Member of the Chamber of Deputies
- In office 23 April 1992 – 29 May 2001
- Constituency: Piedmont

Personal details
- Born: 3 December 1947 (age 78) Turin, Piedmont, Italy
- Citizenship: Italy
- Party: Lega Nord (1991–2026) National Future (2026–present)
- Other political affiliations: Jeune Europe (1962–69) Ordine Nuovo (1969–79) Autonomist Piedmont (1987–91)
- Education: University of Turin
- Profession: Lawyer

= Mario Borghezio =

Italian politician (born 1947)

Mario Borghezio (/it/; born 3 December 1947) is an Italian politician who represented Lega Nord in the Chamber of Deputies from 1992 to 2001, and as a Member of the European Parliament from 2001 to 2019.

== Early political activities ==
Borghezio was born in Turin. A former member of the Jeune Europe movement founded by Jean Thiriart, he was also a member of Ordine Nuovo in the 1970s. In the mid 1980s, Borghezio was a member of the group around the Orion magazine, a meeting point of Piemontese neofascists, and he served as director of the economic supplement, Orion-Finanza. A proponent of antisemitic conspiracy theories at the time, Borghezio later went on to join the "autonomist" movement at the suggestion of Maurizio Murelli, the founder of the journal and close acquaintance of Borghezio. He has also regularly taken part in rallies and congresses of the neo-fascist New Force.

==Convictions and issues==
Borghezio was sentenced to pay a fine of the equivalent of 450 € for violence on a minor in 1993. He forcefully held and turned over to the police a 12-year-old Moroccan unregistered street seller.

He was found guilty of arson in July 2005, for setting fire to the pallets of some migrants sleeping under a bridge in Turin during a vigilante raid. For this he was sentenced to two months and twenty days in prison, converted into a fine of €3,040.

On 17 December 2005, Borghezio was injured by No Tav activists, who recognised him on a train from Turin to Venice. Because of the encounter, he had to undergo an operation for a fractured nasal septum. That morning, he had participated in a counter-protest against the No Tav movement in the Susa Valley.

Borghezio was arrested by Belgian police on 11 September 2007 for participating in a protest against the Islamisation of Europe. On 9 June 2011, he was arrested by Swiss policemen after attempting to join the 2011 annual Bilderberg conference at St. Moritz (Switzerland). He was banished from the Canton of Graubünden for the duration of the meeting. The Italian embassy in Berne lodged a diplomatic protest.

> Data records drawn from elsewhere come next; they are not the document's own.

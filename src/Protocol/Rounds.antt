-- ===== src/Protocol/Rounds.antt =====
-- A run of the command loop and a client's return keep the invariant; so does every step.
use sharedgl.Prelude.{ℕ, suc, ◌≡◌, refl, ◌==◌, arith, Bool-cases, inl, inr}
use sharedgl.Protocol.{
  Stream, idle, answered, executing, replying, World, update, init, Step, client, return, serve,
  execute, Reach, start, later,
}
use sharedgl.Protocol.Invariant.{Inv}
use sharedgl.Protocol.Clients.{Move-Inv}
use sharedgl.Protocol.Servers.{Serve-Inv}

module _ {fifo_size : ℕ} {w : World} (inv : Inv fifo_size w) where
  open inv use {
    locked, alone, lowered, placed, small, staged, published, published_bytes, awaited, settled,
    prior, accepts, fetched, loaded, running, running_bytes, ran_size, ran_bytes, returned,
  }

  return-Inv :
      (i : ℕ) (s : Stream) (r : ℕ)
      → w.clients i ≡ answered s r
      → Inv fifo_size (record w {
        clients = update w.clients i idle;
        asked = update w.asked i (suc (w.asked i));
      })
  return-Inv i s r e = record {
    locked = λ j c. ground (arith, locked j);
    held = λ c. let (j, h) = inv.held c in (j, ground (arith, h, e));
    members = λ j c. ground (arith, inv.members j);
    alone = λ a b c d. ground (arith, alone a b);
    lowered = λ j c. ground (arith, lowered j);
    placed = λ j. ground (arith, placed j);
    small = λ j. ground (arith, small j);
    staged = λ j k q. ground (arith, staged j k);
    published = λ c. ground (arith, published c);
    published_bytes = λ c k q. ground (arith, published_bytes c k, published c);
    awaited = λ j c f. ground (arith, awaited j);
    settled = λ j c f. ground (arith, settled j);
    prior = λ j c f. ground (arith, prior j, returned i s r e);
    returned = λ j u v f. ground (arith, returned j u v);
    accepts = accepts;
    fetched = fetched;
    loaded = loaded;
    running = ground (arith, running);
    running_bytes = λ id n exec f k q. ground (arith, running_bytes id n exec f k, running);
    ran_size = λ j c. ground (arith, ran_size j, returned i s r e);
    ran_bytes = λ j c k q.
        let c' : w.runs j ≡ suc (w.asked j) = ground (arith, c, returned i s r e) in
        ground (arith, c, returned i s r e, ran_bytes j c' k q);
  }

  execute-Inv :
      (id n : ℕ) (exec : ℕ → ℕ) (r : ℕ)
      → w.server ≡ executing id n exec
      → Inv fifo_size (record w {
        server = replying id r;
        runs = update w.runs id (suc (w.runs id));
        last = update w.last id (record { size = n; byte = exec; result = r });
      })
  execute-Inv id n exec r e = record {
    locked = locked;
    held = inv.held;
    members = inv.members;
    alone = alone;
    lowered = lowered;
    placed = placed;
    small = small;
    staged = staged;
    published = λ c. ground (arith, published c);
    published_bytes = published_bytes;
    awaited = λ j c f. ground (arith, awaited j);
    settled = λ j c f. ground (arith, settled j, running);
    prior = λ j c f. ground (arith, prior j, running);
    returned = λ j u v f. ground (arith, returned j u v, running);
    accepts = refl;
    fetched = tt;
    loaded = λ k q. absurd (omega arith);
    running = ground (arith, running);
    running_bytes = λ j m x f k q. cc;
    ran_size = λ j c. ground (arith, ran_size j, running);
    ran_bytes = λ j c k q. elim (Bool-cases (id == j)) [
      | inl h ↦ ground (arith, h, running_bytes id n exec e k)
      | inr h ↦
          let c' : w.runs j ≡ suc (w.asked j) = ground (arith, h, c) in
          ground (arith, h, ran_bytes j c' k)
    ];
  }

Inv-init : (fifo_size : ℕ) → Inv fifo_size init
Inv-init fifo_size = record {
  locked = λ i c. cc;
  held = λ c. absurd (cc);
  members = λ i c. absurd (cc);
  alone = λ i j c d. cc;
  lowered = λ i c. refl;
  placed = λ i. tt;
  small = λ i. omega arith;
  staged = λ i k q. absurd (omega arith);
  published = λ c. cc;
  published_bytes = λ c k q. cc;
  awaited = λ i c f. cc;
  settled = λ i c f. cc;
  prior = λ i c f. refl;
  returned = λ i s r c. cc;
  accepts = refl;
  fetched = tt;
  loaded = λ k q. absurd (omega arith);
  running = tt;
  running_bytes = λ id n exec f k q. cc;
  ran_size = λ i c. absurd (omega (arith, c));
  ran_bytes = λ i c k q. refl;
}

Step-Inv : {fifo_size : ℕ} {w w' : World} → Step fifo_size w w' → Inv fifo_size w → Inv fifo_size w'
Step-Inv (client i v mv) inv = Move-Inv inv i v mv
Step-Inv (return i {s} {r} e) inv = return-Inv inv i s r e
Step-Inv (serve mv) inv = Serve-Inv inv mv
Step-Inv (execute {id} {n} {exec} r e) inv = execute-Inv inv id n exec r e

-- Every reachable state has the invariant.
pub Reach-Inv : {fifo_size : ℕ} {w : World} → Reach fifo_size w → Inv fifo_size w
Reach-Inv {fifo_size} start = Inv-init fifo_size
Reach-Inv (later r st) = Step-Inv st (Reach-Inv r)
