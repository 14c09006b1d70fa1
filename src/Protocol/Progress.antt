-- ===== src/Protocol/Progress.antt =====
-- No state is a deadlock: while a client has a submission under way, somebody can go on.
use native.Mathlib.Decide.{dec_lt}
use sharedgl.Prelude.{ℕ, ◌≡◌, ◌⊎◌, refl, Bool, true, false, Bool-cases, inl, inr, arith}
use sharedgl.Layout.{valid_client_id}
use sharedgl.Protocol.{
  Stream, Shared, Pc, idle, locking, checking, unlocking, polling, flagging, copying, naming,
  sizing, raising, releasing, waiting, fetching, dropping, answered, Move, spin, take, busy, unlock,
  poll, retry, free, set_flag, copy, copied, name, size, raise, release, wait, see, read, drop,
  ServerPc, listening, naming_client, sizing_batch, checking_batch, wiping, refusing, loading,
  lowering, executing, replying, answering, Serve, listen, wake, read_id, read_size, bad_id,
  too_large, wipe, refuse, accept, load, loaded, lower, reply, answer, World, Step, client, return,
  serve, execute, Reach,
}
use sharedgl.Protocol.Invariant.{critical, raised, is_idle, serves, Inv}
use sharedgl.Protocol.Rounds.{Reach-Inv}

-- The steps that are not a turn of a waiting loop.
abbrev is_move_useful :
    {fifo_size i : ℕ} {m m' : Shared} {p p' : Pc} → Move fifo_size i m p m' p' → Bool
is_move_useful (spin _) = false
is_move_useful (poll _) = false
is_move_useful (wait _) = false
is_move_useful _ = true

abbrev is_serve_useful :
    {fifo_size : ℕ} {m m' : Shared} {p p' : ServerPc} → Serve fifo_size m p m' p' → Bool
is_serve_useful (listen _) = false
is_serve_useful _ = true

abbrev pub is_useful : {fifo_size : ℕ} {w w' : World} → Step fifo_size w w' → Bool
is_useful (client i v mv) = is_move_useful mv
is_useful (return i e) = true
is_useful (serve mv) = is_serve_useful mv
is_useful (execute r e) = true

abbrev CanMove : ℕ → ℕ → Shared → Pc → Type 0
CanMove fifo_size i m p =
    (m' : Shared) × (p' : Pc) × (mv : Move fifo_size i m p m' p') × (is_move_useful mv ≡ true)

abbrev CanServe : ℕ → Shared → ServerPc → Type 0
CanServe fifo_size m p =
    (m' : Shared) × (p' : ServerPc) × (mv : Serve fifo_size m p m' p') × (is_serve_useful mv ≡ true)

abbrev IsExecuting : ServerPc → Type 0
IsExecuting p = (id : ℕ) × (n : ℕ) × (exec : ℕ → ℕ) × (p ≡ executing id n exec)

critical-CanMove :
    (fifo_size i : ℕ) (m : Shared) (p : Pc) → critical p ≡ true → CanMove fifo_size i m p
critical-CanMove fifo_size i m (checking s) c = elim (Bool-cases m.submit) [
  | inl h ↦ (_, _, busy h, refl)
  | inr h ↦ (_, _, free h, refl)
]
critical-CanMove fifo_size i m (unlocking s) c = (_, _, unlock, refl)
critical-CanMove fifo_size i m (flagging s) c = (_, _, set_flag, refl)
critical-CanMove fifo_size i m (copying s k) c = elim (dec_lt k s.size) [
  | yes h ↦ (_, _, copy h, refl)
  | no h ↦ (_, _, copied (omega arith), refl)
]
critical-CanMove fifo_size i m (naming s) c = (_, _, name, refl)
critical-CanMove fifo_size i m (sizing s) c = (_, _, size, refl)
critical-CanMove fifo_size i m (raising s) c = (_, _, raise, refl)
critical-CanMove fifo_size i m (releasing s) c = (_, _, release, refl)
critical-CanMove fifo_size i m _ c = absurd (cc)

-- What a client outside the lock can do, or waits for.
data Outside (fifo_size i : ℕ) (m : Shared) (p : Pc) : Type 0 where
  moves : CanMove fifo_size i m p → Outside fifo_size i m p
  returns : (s : Stream) (r : ℕ) → p ≡ answered s r → Outside fifo_size i m p
  needs_submit : m.submit ≡ true → Outside fifo_size i m p
  needs_flag : raised p ≡ true → m.flag i ≡ true → Outside fifo_size i m p

outside :
    (fifo_size i : ℕ) (m : Shared) (p : Pc)
    → m.lock ≡ false
    → critical p ≡ false
    → is_idle p ≡ false
    → Outside fifo_size i m p
outside fifo_size i m (locking s) l c d = moves (_, _, take l, refl)
outside fifo_size i m (polling s) l c d = elim (Bool-cases m.submit) [
  | inl h ↦ needs_submit h
  | inr h ↦ moves (_, _, retry h, refl)
]
outside fifo_size i m (waiting s) l c d = elim (Bool-cases (m.flag i)) [
  | inl h ↦ needs_flag refl h
  | inr h ↦ moves (_, _, see h, refl)
]
outside fifo_size i m (fetching s) l c d = moves (_, _, read, refl)
outside fifo_size i m dropping l c d = moves (_, _, drop, refl)
outside fifo_size i m (answered s r) l c d = returns s r refl
outside fifo_size i m idle l c d = absurd (cc)
outside fifo_size i m _ l c d = absurd (cc)

abbrev is_listening : ServerPc → Bool
is_listening listening = true
is_listening _ = false

server-CanServe :
    (fifo_size : ℕ) (m : Shared) (p : ServerPc)
    → (m.submit ≡ true) ⊎ (is_listening p ≡ false)
    → CanServe fifo_size m p ⊎ IsExecuting p
server-CanServe fifo_size m listening (inl h) = inl (_, _, wake h, refl)
server-CanServe fifo_size m listening (inr h) = absurd (cc)
server-CanServe fifo_size m naming_client h = inl (_, _, read_id, refl)
server-CanServe fifo_size m (sizing_batch id) h = inl (_, _, read_size, refl)
server-CanServe fifo_size m (checking_batch id n) h = elim (Bool-cases (valid_client_id id)) [
  | inr v ↦ inl (_, _, bad_id v, refl)
  | inl v ↦ elim (dec_lt fifo_size n) [
    | yes q ↦ inl (_, _, too_large v q, refl)
    | no q ↦ inl (_, _, accept v (omega arith), refl)
  ]
]
server-CanServe fifo_size m (wiping id) h = inl (_, _, wipe, refl)
server-CanServe fifo_size m refusing h = inl (_, _, refuse, refl)
server-CanServe fifo_size m (loading id n k exec) h = elim (dec_lt k n) [
  | yes q ↦ inl (_, _, load q, refl)
  | no q ↦ inl (_, _, loaded (omega arith), refl)
]
server-CanServe fifo_size m (lowering id n exec) h = inl (_, _, lower, refl)
server-CanServe fifo_size m (executing id n exec) h = inr (id, n, exec, refl)
server-CanServe fifo_size m (replying id r) h = inl (_, _, reply, refl)
server-CanServe fifo_size m (answering id r) h = inl (_, _, answer, refl)

serves-not_listening : (p : ServerPc) (i : ℕ) → serves p i ≡ true → is_listening p ≡ false
serves-not_listening listening i h = absurd (cc)
serves-not_listening _ i h = refl

abbrev pub CanStep : ℕ → World → Type 0
CanStep fifo_size w = (w' : World) × (st : Step fifo_size w w') × (is_useful st ≡ true)

module _ {fifo_size : ℕ} {w : World} (inv : Inv fifo_size w) where
  client-CanStep :
      (i : ℕ)
      → valid_client_id i ≡ true
      → CanMove fifo_size i w.shared (w.clients i)
      → CanStep fifo_size w
  client-CanStep i v (m', p', mv, u) = (_, client i v mv, u)

  server-CanStep : (w.shared.submit ≡ true) ⊎ (is_listening w.server ≡ false) → CanStep fifo_size w
  server-CanStep h = elim (server-CanServe fifo_size w.shared w.server h) [
    | inl (m', p', mv, u) ↦ (_, serve mv, u)
    | inr (id, n, exec, e) ↦ (_, execute 0 e, refl)
  ]

  flag-CanStep :
      (i : ℕ) → raised (w.clients i) ≡ true → w.shared.flag i ≡ true → CanStep fifo_size w
  flag-CanStep i c f = elim (inv.awaited i c f) [
    | inl (h, q) ↦ server-CanStep (inl h)
    | inr h ↦ server-CanStep (inr (serves-not_listening w.server i h))
  ]

  outside-CanStep :
      (i : ℕ)
      → is_idle (w.clients i) ≡ false
      → Outside fifo_size i w.shared (w.clients i)
      → CanStep fifo_size w
  outside-CanStep i d (moves c) = client-CanStep i (inv.members i d) c
  outside-CanStep i d (returns s r e) = (_, return i e, refl)
  outside-CanStep i d (needs_submit h) = server-CanStep (inl h)
  outside-CanStep i d (needs_flag c f) = flag-CanStep i c f

  not_critical : (i : ℕ) → w.shared.lock ≡ false → critical (w.clients i) ≡ false
  not_critical i l = ground (arith, inv.locked i)

  critical-not_idle : (p : Pc) → critical p ≡ true → is_idle p ≡ false
  critical-not_idle idle c = absurd (cc)
  critical-not_idle _ c = refl

  Inv-CanStep : (i : ℕ) → is_idle (w.clients i) ≡ false → CanStep fifo_size w
  Inv-CanStep i d = elim (Bool-cases w.shared.lock) [
    | inl l ↦
        let (j, c) = inv.held l in
        client-CanStep j (inv.members j (critical-not_idle (w.clients j) c))
          (critical-CanMove fifo_size j w.shared (w.clients j) c)
    | inr l ↦
        outside-CanStep i d (outside fifo_size i w.shared (w.clients i) l (not_critical i l) d)
  ]

-- No deadlock: in every reachable state in which some client is inside `submit_shm`, a client or
-- the server has a step that is not a turn of a waiting loop.
pub reach-CanStep :
    {fifo_size : ℕ} {w : World}
    → Reach fifo_size w
    → (i : ℕ) → is_idle (w.clients i) ≡ false
    → CanStep fifo_size w
reach-CanStep r i d = Inv-CanStep (Reach-Inv r) i d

He was suspended for three months on 30 July 2011 by his party for praising several of the ideas in the manifesto of Anders Behring Breivik, the terrorist who perpetrated the 2011 Norway attacks.

In June 2013, he was expelled from the Europe of Freedom and Democracy, a eurosceptic group in the European Parliament, for making racist remarks regarding Italy's first black cabinet minister, Cécile Kyenge. He was fined 1000 euros in May 2017 by the Milan Tribunal for racist and defamatory remarks made against Kyenge during a call-in radio show. He was also ordered to pay her an indemnity of 50'000 euros.

==Views and activities==
Borghezio participated in an Anti-Islamisation Congress arranged by the Pro Cologne Citizens' Movement in Cologne, Germany in opposition against a mosque in 2008.

In August 2010, he called for the European Union to have its own, centralised, X-Files where anyone would be able to access information on UFOs, even records held by the military. Borghezio argued that governments should go public with the information they hold and stop what he believes is a “systematic cover-up”. Not satisfied with a central archive, Borghezio also wants a scientific centre to research UFOs, because he feels that such study would have “major scientific and technological spin-offs”. “I think that, under the principle of transparency, the EU member states have a duty to make public and available to all scientific data on UFOs which today are partially or wholly withheld”.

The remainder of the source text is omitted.